The call to action, which was published overnight, begins: ‘Are you an office-based Apple employee? Are you less than thrilled with the RTO mandate? Sign the petition, lets stand together.’
It continues: ‘For the past 2+ years, Apple’s formerly office-based employees have performed exceptional work, flexibly, both outside and inside traditional office environments.
‘However, Apple leadership recently announced they require a general return to office starting the week of Sept 5 (Labor Day).’
‘This uniform mandate from senior leadership does not consider the unique demands of each job role nor the diversity of individuals,’ the petition asserts.
Organizers went on to cite ‘many compelling reasons and circumstances’ for continuing on with remote work, citing things such as ‘disabilities (visible or not); family care; safety, health, and environmental concerns; financial considerations; to just plain being happier and more productive.’
It is not immediately clear as of early Monday how many of the signatures the petition has garners belong to verified Apple workers – the only names that would hold any bearing in the group’s efforts to change Cook’s internal policy.
Apple Together, which identifies itself as a global solidarity union comprised of workers across the company, did not immediately respond to a request for comment Monday.
Apple, meanwhile, has yet to comment on the burgeoning backlash against their newly announced policy.
The company joins several technology and finance companies that have begun mandating a return to office as COVID cases ease.
Earlier in June, Elon Musk, the CEO of Tesla, asked employees to return to the office or leave the company.
Apples’s headquarters in Cupertino, California, are pictured.
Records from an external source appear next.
-- ===== src/Prelude/Base64.antt =====
-- Package encoding/base64: `StdEncoding` and `RawStdEncoding`.
use caspaste.Prelude.{
  ℕ, ◌+◌, ◌*◌, ◌-◌, ◌/◌, ◌%◌, ◌<◌, ◌≡◌, refl, ap, ◌∙◌, ltb, leb, ◌==◌, ◌&&◌, ◌||◌, true, false,
  if◌then◌else◌, Option, none, some, List, [], ◌∷◌, Text, lacks, All, arith,
}

abbrev pub base64_digit : ℕ → ℕ
base64_digit n =
    if ltb n 26
    then b'A' + n
    else if ltb n 52
    then b'a' + (n - 26)
    else if ltb n 62
    then b'0' + (n - 52)
    else if n == 62
    then b'+'
    else b'/'

-- `base64.StdEncoding.EncodeToString`.
unfoldable pub base64 : Text → Text
base64 [] = []
base64 (a ∷ []) = base64_digit (a / 4) ∷ base64_digit (a % 4 * 16) ∷ b'=' ∷ b'=' ∷ []
base64 (a ∷ b ∷ []) =
    base64_digit (a / 4)
    ∷ base64_digit (a % 4 * 16 + b / 16)
    ∷ base64_digit (b % 16 * 4)
    ∷ b'='
    ∷ []
base64 (a ∷ b ∷ c ∷ t) =
    base64_digit (a / 4)
    ∷ base64_digit (a % 4 * 16 + b / 16)
    ∷ base64_digit (b % 16 * 4 + c / 64)
    ∷ base64_digit (c % 64)
    ∷ base64 t

-- `RawStdEncoding.EncodeToString`, which does not pad.
unfoldable pub raw_base64 : Text → Text
raw_base64 [] = []
raw_base64 (a ∷ []) = base64_digit (a / 4) ∷ base64_digit (a % 4 * 16) ∷ []
raw_base64 (a ∷ b ∷ []) =
    base64_digit (a / 4) ∷ base64_digit (a % 4 * 16 + b / 16) ∷ base64_digit (b % 16 * 4) ∷ []
raw_base64 (a ∷ b ∷ c ∷ t) =
    base64_digit (a / 4)
    ∷ base64_digit (a % 4 * 16 + b / 16)
    ∷ base64_digit (b % 16 * 4 + c / 64)
    ∷ base64_digit (c % 64)
    ∷ raw_base64 t

-- 64 for a byte that is no digit.
abbrev pub digit_value : ℕ → ℕ
digit_value c =
    if leb b'A' c && leb c b'Z'
    then c - b'A'
    else if leb b'a' c && leb c b'z'
    then c - b'a' + 26
    else if leb b'0' c && leb c b'9'
    then c - b'0' + 52
    else if c == b'+'
    then 62
    else if c == b'/'
    then 63
    else 64

abbrev pub prepend : ℕ → ℕ → ℕ → Option Text → Option Text
prepend x y z none = none
prepend x y z (some t) = some (x ∷ y ∷ z ∷ t)

decode_values : List ℕ → Option Text
decode_values [] = some []
decode_values (a ∷ []) = none
decode_values (a ∷ b ∷ []) = if ltb a 64 && ltb b 64 then some ((a * 4 + b / 16) ∷ []) else none
decode_values (a ∷ b ∷ c ∷ []) =
    if ltb a 64 && ltb b 64 && ltb c 64
    then some ((a * 4 + b / 16) ∷ (b % 16 * 16 + c / 4) ∷ [])
    else none
decode_values (a ∷ b ∷ c ∷ d ∷ t) =
    let rest = decode_values t in
    if ltb a 64 && ltb b 64 && ltb c 64 && ltb d 64
    then prepend (a * 4 + b / 16) (b % 16 * 16 + c / 4) (c % 4 * 64 + d) rest
    else none

-- The values of the bytes, without the line breaks, which the decoder passes over.
values_of : Text → List ℕ
values_of [] = []
values_of (c ∷ t) =
    let rest = values_of t in if c == b'\r' || c == b'\n' then rest else digit_value c ∷ rest

-- `RawStdEncoding.DecodeString`; `none` is its error.
unfoldable pub raw_decode : Text → Option Text
unfolding decode_values values_of
raw_decode t = decode_values (values_of t)

abbrev pub AreBytes : Text → Type 0
AreBytes = All (λ b. b < 256)

pub digit_value-base64_digit : (n : ℕ) → n < 64 → digit_value (base64_digit n) ≡ n
digit_value-base64_digit n h = ground arith

-- A digit of base64 is none of the bytes that divide a file or a hash.
pub base64_digit-ne :
    (n : ℕ)
    → ((base64_digit n == b'$') ≡ false)
      × ((base64_digit n == b':') ≡ false)
      × ((base64_digit n == b'\n') ≡ false)
      × ((base64_digit n == b'\r') ≡ false)
base64_digit-ne n = ground arith

values_of-digit : (n : ℕ) (t : Text) → n < 64 → values_of (base64_digit n ∷ t) ≡ n ∷ values_of t
unfolding values_of
values_of-digit n t h = ground (arith, digit_value-base64_digit n h, base64_digit-ne n)

module _ (a b c : ℕ) (ha : a < 256) (hb : b < 256) (hc : c < 256) where
  values_of-group :
      (t : Text)
      → values_of (
          base64_digit (a / 4)
          ∷ base64_digit (a % 4 * 16 + b / 16)
          ∷ base64_digit (b % 16 * 4 + c / 64)
          ∷ base64_digit (c % 64)
          ∷ t)
        ≡ (a / 4) ∷ (a % 4 * 16 + b / 16) ∷ (b % 16 * 4 + c / 64) ∷ (c % 64) ∷ values_of t
  values_of-group t =
      values_of-digit (a / 4) _ (omega arith)
      ∙ ap (◌∷◌ (a / 4)) (
          values_of-digit (a % 4 * 16 + b / 16) _ (omega arith)
          ∙ ap (◌∷◌ (a % 4 * 16 + b / 16)) (
              values_of-digit (b % 16 * 4 + c / 64) _ (omega arith)
              ∙ ap (◌∷◌ (b % 16 * 4 + c / 64)) (values_of-digit (c % 64) t (omega arith))))

  decode-group :
      (vs : List ℕ) (t : Text)
      → decode_values vs ≡ some t
      → decode_values ((a / 4) ∷ (a % 4 * 16 + b / 16) ∷ (b % 16 * 4 + c / 64) ∷ (c % 64) ∷ vs)
        ≡ some (a ∷ b ∷ c ∷ t)
  unfolding decode_values
  decode-group vs t h = rw h (ground arith)

-- What `RawStdEncoding` encodes it decodes again.
pub raw_decode-raw_base64 : (t : Text) → AreBytes t → raw_decode (raw_base64 t) ≡ some t
unfolding raw_decode raw_base64
raw_decode-raw_base64 [] h = refl
raw_decode-raw_base64 (a ∷ []) h =
    ap decode_values (
      values_of-digit (a / 4) (base64_digit (a % 4 * 16) ∷ []) (omega (arith, h.0))
      ∙ ap (◌∷◌ (a / 4)) (values_of-digit (a % 4 * 16) [] (omega arith)))
    ∙ ground (arith, h.0)
raw_decode-raw_base64 (a ∷ b ∷ []) h =
    let y = a % 4 * 16 + b / 16 in
    let z = b % 16 * 4 in
    ap decode_values (
      values_of-digit (a / 4) (base64_digit y ∷ base64_digit z ∷ []) (omega (arith, h.0))
      ∙ ap (◌∷◌ (a / 4)) (
          values_of-digit y (base64_digit z ∷ []) (omega (arith, h.1.0))
          ∙ ap (◌∷◌ y) (values_of-digit z [] (omega arith))))
    ∙ ground (arith, h.0, h.1.0)
raw_decode-raw_base64 (a ∷ b ∷ c ∷ t) h =
    ap decode_values (values_of-group a b c h.0 h.1.0 h.1.1.0 (raw_base64 t))
    ∙ decode-group a b c h.0 h.1.0 h.1.1.0 (values_of (raw_base64 t)) t
        (raw_decode-raw_base64 t h.1.1.1)

lacks-digit :
    (s n : ℕ) (t : Text)
    → (base64_digit n == s) ≡ false
    → lacks s t ≡ true
    → lacks s (base64_digit n ∷ t) ≡ true
lacks-digit s n t e h = rw e h

-- A byte that is no digit does not occur in an encoding.
pub lacks-raw_base64 :
    (s : ℕ) → ((n : ℕ) → (base64_digit n == s) ≡ false) → (t : Text) → lacks s (raw_base64 t) ≡ true
unfolding raw_base64
lacks-raw_base64 s e [] = refl
lacks-raw_base64 s e (a ∷ []) =
    lacks-digit s (a / 4) (base64_digit (a % 4 * 16) ∷ []) (e (a / 4))
      (lacks-digit s (a % 4 * 16) [] (e (a % 4 * 16)) refl)
lacks-raw_base64 s e (a ∷ b ∷ []) =
    let y = a % 4 * 16 + b / 16 in
    let z = b % 16 * 4 in
    lacks-digit s (a / 4) (base64_digit y ∷ base64_digit z ∷ []) (e (a / 4))
      (lacks-digit s y (base64_digit z ∷ []) (e y) (lacks-digit s z [] (e z) refl))
lacks-raw_base64 s e (a ∷ b ∷ c ∷ t) =
    let y = a % 4 * 16 + b / 16 in
    let z = b % 16 * 4 + c / 64 in
    let rest = raw_base64 t in
    lacks-digit s (a / 4) (base64_digit y ∷ base64_digit z ∷ base64_digit (c % 64) ∷ rest)
      (e (a / 4))
      (lacks-digit s y (base64_digit z ∷ base64_digit (c % 64) ∷ rest) (e y) (
        lacks-digit s z (base64_digit (c % 64) ∷ rest) (e z)
          (lacks-digit s (c % 64) rest (e (c % 64)) (lacks-raw_base64 s e t))))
The company currently boasts nearly 37,000 employees who will be affected by the policy, which takes effect in two weeks
Cook, 61, the CEO of Apple since 2011, is seen at the company’s headquarters in Cupertino. He haws been adamant that staffers return to work in person for the past several months
Apple began on April 11 mandating one day a week in the office – a requirement that rose to two days on May 2.
By May 23, all staff were originally intended to be at their desks three days a week – but that policy was shelved in June.
A survey of Apple workers from April 13-19 found 67 percent saying they were dissatisfied with the return-to-office policy, Fortune reported.
Apple’s CEO Cook, who assumed control of the company in 2011 after the death of longtime boss Steve Jobs, has for the better part of a year been adamant about the return to office of his employees, insisting that a hardware-heavy company like Apple needs its employees physically together to design its physical products.
In early March, he wrote to staff saying they needed to prepare to return.
‘In the coming weeks and months, we have an opportunity to combine the best of what we have learned about working remotely with the irreplaceable benefits of in-person collaboration,’ Cook said in the memo, according to Bloomberg.
Apple CEO Cook insists that a hardware company like Apple needs its employees to be in the office to collaborate on the design of its physical products
Many employees however insist that they can do the work just as well remotely, and that they don’t want to lose their work-life balance.
‘Everything happened with us working from home all day, and now we have to go back to the office, sit in traffic for two hours, and hire people to take care of kids at home,’ says a former Apple employee anonymously told Bloomberg in April, ‘Working from home has so many perks. Why would we want to go back?’
Employees have also been quick to point out that while they spend their days designing products that enable work from home across the world, they are required to return to an office.
‘We tell all of our customers how great our products are for remote work, yet, we ourselves, cannot use them to work remotely?’ an open letter signed by more than 1,050 Apple employees read.
‘How can we expect our customers to take that seriously? How can we understand what problems of remote work need solving in our products if we don’t live it?’